Ideal Glass Would Explain Why Glass Exists at All - theafh
https://www.quantamagazine.org/ideal-glass-would-explain-why-glass-exists-at-all-20200311/
======
dfee
I read Quanta (via RSS) and often can only make it 1/2 to 2/3 the way through
an article before giving up. Today I figured out why: the punchline is
absolutely buried.

> Another property of ultra-stable glass would eventually reveal the most
> promising road map to ideal glass.

> { + 4 intermediate paragraphs }

> [the property] ...Sure enough, they found that both glasses had far lower
> heat capacity than usual near absolute zero, in line with a crystal’s. This
> suggested that ultra-stable glass has fewer two-level systems to tunnel
> between.

> { + 3 intermediate paragraphs }

> [the solution] ...His algorithm picks two particles at random and swaps
> their positions. These shake-ups help the simulated liquid stay unstuck,
> allowing molecules to settle into snugger fits — just as the ability to swap
> two ill-fitting shapes would help in Tetris.
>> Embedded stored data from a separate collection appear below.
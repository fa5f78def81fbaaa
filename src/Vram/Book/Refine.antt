-- ===== src/Vram/Book/Refine.antt =====
-- The calls of src/ovram.c do to the slots what the operations on books say.
use omniserve_native.Prelude.{
  ℕ, ◌≡◌, refl, sym, ap, ◌∙◌, subst, inl, inr, true, false, not, List, ◌∷◌, Option, none, some,
  arith, Bool-cases, if◌then◌else◌, get_elem?, set,
}
use omniserve_native.Floats.{DoubleOps}
use omniserve_native.Json.Lookup.{same_bytes}
use omniserve_native.Vram.{Lease, Vram, is_none}
use omniserve_native.Vram.Tables.{expire_locked, on_owner}
use omniserve_native.Vram.Id.{same_bytes-eq}
use omniserve_native.Vram.Grant.{ttl_or_default}
use omniserve_native.Vram.Ops.{release, renew_at, has_id}
use omniserve_native.Vram.Book.{
  Book, book, lapsed, removed, inserted, Single, Nowhere, book-expire, book-set, book-set_other,
  find_lease-book,
}
use omniserve_native.Vram.Book.Sound.{Good, Distinct, expire_locked-Good}
use omniserve_native.Vram.Book.Keeps.{modify-set}

-- Texts that are the same are the same to every text.
same_bytes_other : (a b j : List ℕ) → same_bytes a b ≡ true → same_bytes b j ≡ same_bytes a j
same_bytes_other a b j e = ap (λ x. same_bytes x j) (sym (same_bytes-eq a b e))

module _ (F : DoubleOps) where
  open F use {Double, add}

  abbrev with_expiry : Double → Option (Lease F) → Option (Lease F)
  with_expiry t none = none
  with_expiry t (some l) = some (record l { expires_s = t })

  -- One entry of a book gets a new expiry.
  abbrev pub extended : Book F → List ℕ → Double → Book F
  extended b id t j = if same_bytes id j then with_expiry t (b j) else b j

  pub Distinct-Single : (ls : List (Lease F)) (id : List ℕ) → Distinct F ls → Single F ls id
  Distinct-Single ls id d i k l m e f p q =
      let (on, same) = parts l p in
      let (on', same') = parts m q in d i k l m e f on on' (same ∙ sym same')
    where
      parts : (l : Lease F) → has_id F id l ≡ true → (l.active ≡ true) × (l.id ≡ id)
      parts l h = (ground arith, same_bytes-eq l.id id (ground arith))

  pub expire_locked-book :
      (v : Vram F) (now : Double)
      → Good F v
      → book F (expire_locked F v now).0.leases ≡ lapsed F (book F v.leases) now
  unfolding expire_locked
  expire_locked-book v now g k id =
      book-expire F now v.leases id (Distinct-Single v.leases id g.distinct) k

  abbrev shown : Lease F → Option (Lease F)
  shown y = if y.active then some y else none

  -- A write that keeps the id of an active lease.
  book-put :
      (ls : List (Lease F)) (id : List ℕ) (i : ℕ) (x y : Lease F)
      → Single F ls id
      → get_elem? ls i ≡ some x
      → has_id F id x ≡ true
      → y.id ≡ x.id
      → (j : List ℕ) → book F (set ls i y) j ≡ (if same_bytes id j then shown y else book F ls j)
  book-put ls id i x y s e h same j =
      let x_is : x.id ≡ id = same_bytes-eq x.id id (ground arith) in
      let x_as : same_bytes x.id j ≡ same_bytes id j = ap (λ n. same_bytes n j) x_is in
      let y_as : same_bytes y.id j ≡ same_bytes id j = ap (λ n. same_bytes n j) (same ∙ x_is) in
      elim (Bool-cases (same_bytes id j)) [
        | inl here ↦
            let y_on : has_id F j y ≡ y.active = ground (arith, y_as, here) in
            let put = book-set F ls i x y j e (λ k l f n. elim (Bool-cases (has_id F j l)) [
              | inr off ↦ off
              | inl twice ↦
                  let j_is : j ≡ id = sym (same_bytes-eq id j here) in
                  absurd (n (sym (s i k x l e f h (sym (ap (λ n. has_id F n l) j_is) ∙ twice))))
            ]) in
            rw here (put ∙ ap (λ b. if b then some y else none) y_on)
        | inr there ↦ rw there (
            book-set_other F ls i x y j e (ground (arith, x_as, there))
              (ground (arith, y_as, there)))
      ]

  -- A new id in a free slot.
  pub book-grant :
      (ls : List (Lease F)) (i : ℕ) (x y : Lease F)
      → get_elem? ls i ≡ some x
      → x.active ≡ false
      → y.active ≡ true
      → Nowhere F ls y.id
      → (j : List ℕ) → book F (set ls i y) j ≡ inserted F (book F ls) y.id y j
  book-grant ls i x y e off on fresh j = elim (Bool-cases (same_bytes y.id j)) [
    | inl here ↦
        let y_on : has_id F j y ≡ true = ground (arith, here, on) in
        let put =
          book-set F ls i x y j e
            (λ k l f n. ap (λ n. has_id F n l) (sym (same_bytes-eq y.id j here)) ∙ fresh k l f) in
        rw here (put ∙ ap (λ b. if b then some y else none) y_on)
    | inr there ↦
        rw there (book-set_other F ls i x y j e (ground (arith, off)) (ground (arith, there)))
  ]

  -- A release takes the id from the book.
  pub release-book :
      (v : Vram F) (c : ℕ) (cs : List ℕ) (now_s : Double)
      → Good F v
      → ((release F v (c ∷ cs) now_s).0 ≡ not (is_none (book F v.leases (c ∷ cs))))
        × (book F (release F v (c ∷ cs) now_s).1.leases ≡ removed F (book F v.leases) (c ∷ cs))
  unfolding release on_owner
  release-book v c cs now_s g = elim (find_lease-book F v.leases (c ∷ cs)) [
    | inl (f, b) ↦
        (rw (f, release, b) refl, rw (f, release) (λ k j. missing (book F v.leases) (c ∷ cs) b j k))
    | inr (i, l, f, at, b, h) ↦ (
      rw (f, at, release, b) refl,
      rw (f, at, release)
          (λ k j.
            book-put v.leases (c ∷ cs) i l (record l { active = false })
              (Distinct-Single v.leases (c ∷ cs) g.distinct) at h refl j k),
    )
  ]
    where
      missing : (b : Book F) (id : List ℕ) → b id ≡ none → (j : List ℕ) → b j ≡ removed F b id j
      missing b id e j = elim (Bool-cases (same_bytes id j)) [
        | inl here ↦ rw here (ap b (sym (same_bytes-eq id j here)) ∙ e)
        | inr there ↦ rw there refl
      ]

  absent :
      (b : Book F) (id : List ℕ) (t : Double) → b id ≡ none → (j : List ℕ) → b j ≡ extended b id t j
  absent b id t e j = elim (Bool-cases (same_bytes id j)) [
    | inl here ↦
        let gone : b j ≡ none = ap b (sym (same_bytes-eq id j here)) ∙ e in rw (here, gone) refl
    | inr there ↦ rw there refl
  ]

  -- The renewed entry, wherever it is asked for.
  at_id :
      (b : Book F) (id : List ℕ) (l : Lease F) (t : Double)
      → b id ≡ some l
      → l.active ≡ true
      → (j : List ℕ)
      → (if same_bytes id j then shown (record l { expires_s = t }) else b j) ≡ extended b id t j
  at_id b id l t e on j = elim (Bool-cases (same_bytes id j)) [
    | inl here ↦
        let found : b j ≡ some l = ap b (sym (same_bytes-eq id j here)) ∙ e in
        rw (here, found, on) refl
    | inr there ↦ rw there refl
  ]

  renewed :
      (v : Vram F) (c : ℕ) (cs : List ℕ) (ttl_s now_s : Double)
      → Good F (expire_locked F v now_s).0
      → ((renew_at F v (c ∷ cs) ttl_s now_s).0
          ≡ not (is_none (book F (expire_locked F v now_s).0.leases (c ∷ cs))))
        × (book F (renew_at F v (c ∷ cs) ttl_s now_s).1.leases
            ≡ extended
                (book F (expire_locked F v now_s).0.leases)
                (c ∷ cs)
                (add now_s (ttl_or_default F (expire_locked F v now_s).0 ttl_s)))
  unfolding renew_at
  renewed v c cs ttl_s now_s g =
      let w = (expire_locked F v now_s).0 in
      let t = add now_s (ttl_or_default F w ttl_s) in
      elim (find_lease-book F w.leases (c ∷ cs)) [
        | inl (f, b) ↦ (
          rw (f, renew_at, b) refl,
          rw (f, renew_at) (λ k j. absent (book F w.leases) (c ∷ cs) t b j k),
        )
        | inr (i, l, f, at, b, h) ↦
            let put = modify-set w.leases i (λ l. record l { expires_s = t }) at in
            let on : l.active ≡ true = ground arith in
            (
              rw (f, renew_at, b) refl,
              rw (f, renew_at, put)
                  (λ k j.
                    (book-put w.leases (c ∷ cs) i l (record l { expires_s = t })
                          (Distinct-Single w.leases (c ∷ cs) g.distinct) at h refl j
                        ∙ at_id (book F w.leases) (c ∷ cs) l t b on j)
                      k),
            )
      ]

  -- A renewal gives the id's entry a new end, once what is over is gone.
  pub renew_at-book :
      (v : Vram F) (c : ℕ) (cs : List ℕ) (ttl_s now_s : Double)
      → Good F v
      → ((renew_at F v (c ∷ cs) ttl_s now_s).0
          ≡ not (is_none (lapsed F (book F v.leases) now_s (c ∷ cs))))
        × (book F (renew_at F v (c ∷ cs) ttl_s now_s).1.leases
            ≡ extended
                (lapsed F (book F v.leases) now_s)
                (c ∷ cs)
                (add now_s (ttl_or_default F v ttl_s)))
  unfolding expire_locked
  renew_at-book v c cs ttl_s now_s g =
      subst
        (λ b.
          ((renew_at F v (c ∷ cs) ttl_s now_s).0 ≡ not (is_none (b (c ∷ cs))))
          × (book F (renew_at F v (c ∷ cs) ttl_s now_s).1.leases
              ≡ extended b (c ∷ cs) (add now_s (ttl_or_default F v ttl_s))))
        (expire_locked-book v now_s g) (renewed v c cs ttl_s now_s (expire_locked-Good F v now_s g))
Alternatively, that could've been written as:

> Another property of ultra-stable glass - it's far lower heat capacity -
> would eventually reveal the most promising road map to ideal glass: randomly
> swapping particles of cooling glass to allow for snugger fits.

\-- And that's it! --

But my brain either can't, or refuses to, follow 8 paragraphs to arrive at the
Aha moment.

Now, I don't read these sorts of articles for the pleasure of reading. And, I
think the writing style suggests this is a primary goal. So why do I read it?
I dunno, maybe it's a better version of me that clicks "subscribe" than the
one who's presented with the article to read?

Or, I prefer to read selectively rather than comprehensively. A trait I think
is of merit, but my SAT and ACTs surely didn't.